Chris’s 3 proposals based on David OS’s slides: If TG detects the term is overly composed (automatically detected based on a profile of ‘overly composed’), the requester is forced to enter an example of usage in the comment (ie a free text description of their annotation)

Is this check already in place in TG? If not, do we need to make a specific ticket?

  What does it mean to be overly composed?  Bunch of criteria?  Term length to start with?  Build into TermGenie or have guidelines
  for TG gatekeepers to use. Perhaps a check/reminder/pop-up/warning for submitter if there is regulation+involved+regulation in the term
  name.
  Need a ticket to define the criteria for complexity.  SPARQL query?  Will attack retrospective stuff too.

Pascale: The automated check, based on term string length (100 characters ?) and other characteristics, would trigger a mandatory comment. In practice we recommend ALL new GO terms should have at least ONE example of a correct annotation (PubMed ID + figure included). That would help understand what the term means, and perhaps help people annotate to an already existing term.

A sub-editor can tag a term as being overly composed will be auto-unfolded and shown in a decomposed fashion in AmiGO If a term is is auto-detected as being overly composed the curator is forced to enter a Noctua model ID before the term is generated

Guidelines: If there is a commonly used name then that is the first choice for a term/class label. The labels of the parental terms may be helpful, but there is no requirement to reiterate the parental labels in the labels of the child classes.

Complicated terms (e.g. positive regulation of X involved in Y during Z) - editors should tell curators to annotate to individual terms and handle it later. Add a new tag called LEGO. Curator should make a LEGO model in Noctua."

  Very important for that information (in Noctua) to be integrated into the rest of the resource, so that data is not lost for a long time.
  Some basic conversion exists but that information is minimal.
  Action item for Noctua call?  How to interconvert Noctua and 'conventional' annotations with minimal loss of information.
  Get Kimberly and Rama on board, LEGO call?

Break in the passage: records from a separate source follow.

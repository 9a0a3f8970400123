-- ===== src/Tests/Webhook.antt =====
-- A delivery that gets through at the third attempt.
use project_k_platform.Prelude.{ℕ, zero, suc, Option, none, some}
use project_k_platform.Webhook.{FrappeWebhookClient}

abbrev client_one : FrappeWebhookClient
client_one = record {
  endpoint = "http://frappe/api";
  api_key = "k";
  api_secret = "s";
  webhook_secret = "w";
}

abbrev third_time : ℕ → Option ℕ
third_time zero = none
third_time (suc zero) = some 503
third_time (suc (suc n)) = some 200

Follow-ups from last week's call

Protege 4 vs 5

  DOS using P5 after reinstalling, using latest snapshot of ELK, bit buggy but seems to be working.
  Heiko - likes search better than the old one, ongoing issue of unsatisfiable classes detected by reasoner creates long lists which takes
  ages to render, blocks Protege, stuck waiting for P to finish rendering. Existing performance issue. P5 is not worse than P4.
  DOS: can get around this by turning off 'show inferences', work around is odd but can be done. P4 is fine.
  DPH: P4 is fine.
  CJM: Likes views in P5.
  Other people try P5.  Need explicit instructions on where to get it and what things to add.

NEXT WEEK: Remaining axioms in CHEBI that overclassify amino acids"

(see http://wiki.geneontology.org/index.php/Ontology_meeting_2015-01-06).

What do do about glyco and lipid modifies AAs -that, chemically, are alpha amino acids.

NEXT WEEK - Membrane Issues

Logical definition issues with partial membranes. Many membranes are classified as 'membrane part', but have no further classification or like 'dendrite membrane' have no indication that they are part of a dendrite.

https://www.ebi.ac.uk/panda/jira/browse/GO-186

NEXT WEEK - Organization branch

We could get a lot more automated classification if we relax genus to something very general - probably 'cellular process'. There doesn't seem to be any over-inference that results - although we may need to stick to a convention of using has_output in the cellular_component biogenesis branch. Should we do this?